To support all of this communication, the station is bristling with antennae. There are satellite transmitters for LES-9 (internet, data and voice, IP phone) , ATS-3 (radio, voice) and the INMARSAT (commercial satellite--voice, fax, and telex) on GWR and BioLab buildings. We have several big VHF towers and the ham radio tower. The VHF repeater is the tallest antenna in back yard (around 100 ft). VHF is for local area talk and close-range ships and planes. The wire cone is the conical monopole, an omnidirectional antenna. We can use it to contact McMurdo Station. The high frequency towers on Bonaparte Point are for long-range ship contact.

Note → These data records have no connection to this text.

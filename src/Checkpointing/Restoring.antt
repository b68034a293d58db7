-- ===== src/Checkpointing/Restoring.antt =====
-- That what the managers of src/backup/checkpointing save is what they load.
use ca_project.Common.{
  ℕ, ◌≡◌, refl, ap, ◌∙◌, true, Option, some, List, [], ◌∷◌, ◌++◌, if◌then◌else◌, ok, arith,
}
use ca_project.Common.Dict.{Dict}
use ca_project.Common.Text.{same}
use ca_project.Checkpointing.{
  Torch, Manager, torch, decorator, asynchronous, compression, incremental, sharded, Checkpoint,
  World, checkpoint_path, write, state, compress, restore, on_values, shard_dir, save, run_tasks,
  finish, load_state, load,
}

-- Managers that save at once, with `save_dir` where it is looked up.
pub data IsDirect : Manager → Type 0 where
  base : (dir : List ℕ) → IsDirect (torch dir)
  compressed : (dir : List ℕ) → IsDirect (compression (torch dir))
  shard : (dir : List ℕ) → IsDirect (sharded (torch dir))
  wrapped : {m : Manager} → IsDirect m → IsDirect (decorator m)

-- One of these, saved at once or in a thread, with decorators around it.
pub data IsUsable : Manager → Type 0 where
  direct : {m : Manager} → IsDirect m → IsUsable m
  threaded : {m : Manager} → IsDirect m → IsUsable (asynchronous m)
  around : {m : Manager} → IsUsable m → IsUsable (decorator m)

pub same_refl : (xs : List ℕ) → same xs xs ≡ true
same_refl [] = refl
same_refl (x ∷ xs) = ground (arith, same_refl xs)

module _ {T O C : Type 0} (t : Torch T O C) where
  -- where a manager saves
  abbrev pub saved_path : Manager → ℕ → List ℕ
  saved_path (torch dir) step = checkpoint_path dir step
  saved_path (decorator m) step = saved_path m step
  saved_path (asynchronous m) step = saved_path m step
  saved_path (compression m) step = saved_path m step
  saved_path (incremental m) step = saved_path m step
  saved_path (sharded (torch dir)) step = checkpoint_path (shard_dir t dir) step
  saved_path (sharded m) step = saved_path m step

  -- what it saves of a model
  abbrev pub stored : Manager → Dict T → Dict T
  stored (compression m) d = on_values t (compress t) d
  stored (torch dir) d = d
  stored (decorator m) d = stored m d
  stored (asynchronous m) d = stored m d
  stored (incremental m) d = stored m d
  stored (sharded m) d = d

  -- A tensor after it was compressed and restored: one in 32 bits is rounded to 16, and all others
  -- keep their values.
  abbrev pub rounded : T → T
  rounded x =
      if t.is_float32 x then t.float (t.half x) else (if t.is_float16 x then t.float x else x)

  -- what is loaded of a model that was saved
  abbrev pub kept : Manager → Dict T → Dict T
  kept (compression m) d = on_values t rounded d
  kept (torch dir) d = d
  kept (decorator m) d = kept m d
  kept (asynchronous m) d = kept m d
  kept (incremental m) d = kept m d
  kept (sharded m) d = d

  pub save-IsDirect :
      {m : Manager} (h : IsDirect m) (step : ℕ) (w : World T O C)
      → save t m step w ≡ ok (write (saved_path m step) (state step (stored m w.params) w) w)
  unfolding save
  save-IsDirect (base dir) step w = refl
  save-IsDirect (compressed dir) step w = refl
  save-IsDirect (shard dir) step w = refl
  save-IsDirect (wrapped h) step w = save-IsDirect h step w

  pub files-write :
      (path : List ℕ) (c : Checkpoint T O C) (w : World T O C)
      → (write path c w).files path ≡ some c
  files-write path c w = rw (same_refl path) refl

  -- A thread that saves.
  run-IsDirect :
      {m : Manager} (h : IsDirect m) (step : ℕ) (w : World T O C)
      → (run_tasks t ((m, step) ∷ []) w).files (saved_path m step)
        ≡ some (state step (stored m w.params) w)
  unfolding run_tasks
  run-IsDirect {m = m} h step w =
      rw (run_tasks, save-IsDirect h step w)
        (files-write (saved_path m step) (state step (stored m w.params) w) w)

  -- After the save and its thread, the file holds the state.
  finish-save :
      {m : Manager} (h : IsUsable m) (step : ℕ) (w : World T O C)
      → w.tasks ≡ []
      → (saved : World T O C) × (save t m step w ≡ ok saved)
        × ((finish t saved).files (saved_path m step) ≡ some (state step (stored m w.params) w))
  unfolding save run_tasks
  finish-save {m = m} (direct h) step w idle =
      let c = state step (stored m w.params) w in
      (
        write (saved_path m step) c w,
        save-IsDirect h step w,
        ap
              (λ ts.
                (run_tasks t ts (record (write (saved_path m step) c w) { tasks = [] })).files
                  (saved_path m step))
              idle
            ∙ files-write (saved_path m step) c w,
      )
  finish-save {m = asynchronous m} (threaded h) step w idle = (
    record w { tasks = w.tasks ++ (m, step) ∷ [] },
    refl,
    ap
          (λ ts.
            (run_tasks t (ts ++ (m, step) ∷ []) (record w { tasks = [] })).files
              (saved_path m step))
          idle
        ∙ run-IsDirect h step (record w { tasks = [] }),
  )
  finish-save (around h) step w idle = finish-save h step w idle

  -- The two conversions of the compression wrapper in turn.
  restore-compress :
      ((x : T) → t.is_float32 x ≡ true → t.is_float16 (t.half x) ≡ true)
      → (x : T) → restore t (compress t x) ≡ rounded x
  restore-compress halves x = ground (arith, halves x)

  restored-on_values :
      ((x : T) → t.is_float32 x ≡ true → t.is_float16 (t.half x) ≡ true)
      → (d : Dict T) → on_values t (restore t) (on_values t (compress t) d) ≡ on_values t rounded d
  restored-on_values halves [] = refl
  restored-on_values halves ((k, x) ∷ d) =
      ap (λ y. (k, y) ∷ on_values t (restore t) (on_values t (compress t) d))
        (restore-compress halves x)
      ∙ ap (λ rest. (k, rounded x) ∷ rest) (restored-on_values halves d)

  load-IsDirect :
      ((x : T) → t.is_float32 x ≡ true → t.is_float16 (t.half x) ≡ true)
      → {m : Manager} (h : IsDirect m) (path : List ℕ) (w : World T O C) (c : Checkpoint T O C)
        (d params : Dict T) (optimizer : Option O) (scheduler : Option C)
      → w.files path ≡ some (record c { model_state = stored m d })
      → load t m path w params optimizer scheduler
        ≡ load_state t (record c { model_state = kept m d }) params optimizer scheduler
  unfolding load
  load-IsDirect halves (base dir) path w c d params optimizer scheduler found =
      rw (load, found) refl
  load-IsDirect halves (compressed dir) path w c d params optimizer scheduler found =
      rw (load, found)
        (ap (λ e. load_state t (record c { model_state = e }) params optimizer scheduler)
          (restored-on_values halves d))
  load-IsDirect halves (shard dir) path w c d params optimizer scheduler found =
      rw (load, found) refl
  load-IsDirect halves (wrapped h) path w c d params optimizer scheduler found =
      load-IsDirect halves h path w c d params optimizer scheduler found

  load-IsUsable :
      ((x : T) → t.is_float32 x ≡ true → t.is_float16 (t.half x) ≡ true)
      → {m : Manager} (h : IsUsable m) (path : List ℕ) (w : World T O C) (c : Checkpoint T O C)
        (d params : Dict T) (optimizer : Option O) (scheduler : Option C)
      → w.files path ≡ some (record c { model_state = stored m d })
      → load t m path w params optimizer scheduler
        ≡ load_state t (record c { model_state = kept m d }) params optimizer scheduler
  unfolding load
  load-IsUsable halves (direct h) path w c d params optimizer scheduler found =
      load-IsDirect halves h path w c d params optimizer scheduler found
  load-IsUsable halves (threaded h) path w c d params optimizer scheduler found =
      load-IsDirect halves h path w c d params optimizer scheduler found
  load-IsUsable halves (around h) path w c d params optimizer scheduler found =
      load-IsUsable halves h path w c d params optimizer scheduler found

  -- What is saved is what is loaded. A manager is the base manager, or the compression or the sharded
  -- wrapper around it, with decorators around that, and it may be, around all of them but further
  -- decorators, the asynchronous wrapper; no thread is waiting. Its `save` returns, and when the
  -- thread that it may have started has run, with no training in between, its `load` of the path that
  -- it saved to does what loading the state at the save does: the step, the optimizer and the
  -- scheduler, and the model, in which the compression wrapper has rounded the tensors of 32 bits to
  -- 16. `half` of a tensor of 32 bits has 16.
  pub load-save :
      ((x : T) → t.is_float32 x ≡ true → t.is_float16 (t.half x) ≡ true)
      → {m : Manager} (h : IsUsable m) (step : ℕ) (w : World T O C) (params : Dict T)
        (optimizer : Option O) (scheduler : Option C)
      → w.tasks ≡ []
      → (saved : World T O C) × (save t m step w ≡ ok saved)
        × (load t m (saved_path m step) (finish t saved) params optimizer scheduler
            ≡ load_state t (state step (kept m w.params) w) params optimizer scheduler)
  load-save halves {m = m} h step w params optimizer scheduler idle =
      let (saved, returns, found) = finish-save h step w idle in
      (
        saved,
        returns,
        load-IsUsable halves h (saved_path m step) (finish t saved)
            (state step (stored m w.params) w) w.params params optimizer scheduler found,
      )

Phone calls from Palmer Station placed on ATS or the IP phone (internet based) are patched through to Florida's phone system. ATS calls are like radio, one-way at a time and not secure. They are subject to some interference and fading, as is any radio transmission. The IP phone is as secure as the internet and is two way, but is more subject to noise and drop-outs, especially during times of heavy internet usage. The INMARSAT is the most secure and reliable phone but also the most expensive. It is available 24 hours a day, while the IP or ATS operation is dependent on the satellite windows. Palmer also has an internal phone system combined with a public address system that can all-call the whole station or phone an individual location.

We have direct internet access during two six-hour LES-9 windows each day. Email sent when the satellite link is up goes directly to its destination. When the link is down, email is queued and then transmitted automatically during the next satellite window. The start and stop times of each satellite window are approximately four minutes earlier each day due to the satellite's orbit. There are satellite time schedules posted around the station.

Answer 52: Yes, Antarctica has the Transantarctic Mountains which divide East Antarctica from West Antarctica (also called Greater Antarctica and Lesser Antarctica). The mountain range is about 4800 kilometers (3000 miles) long. There are other mountains too, including those on the Antarctic Peninsula. The Vinson Massif is the highest point in Antarctica at 5139 meters (16,860 feet).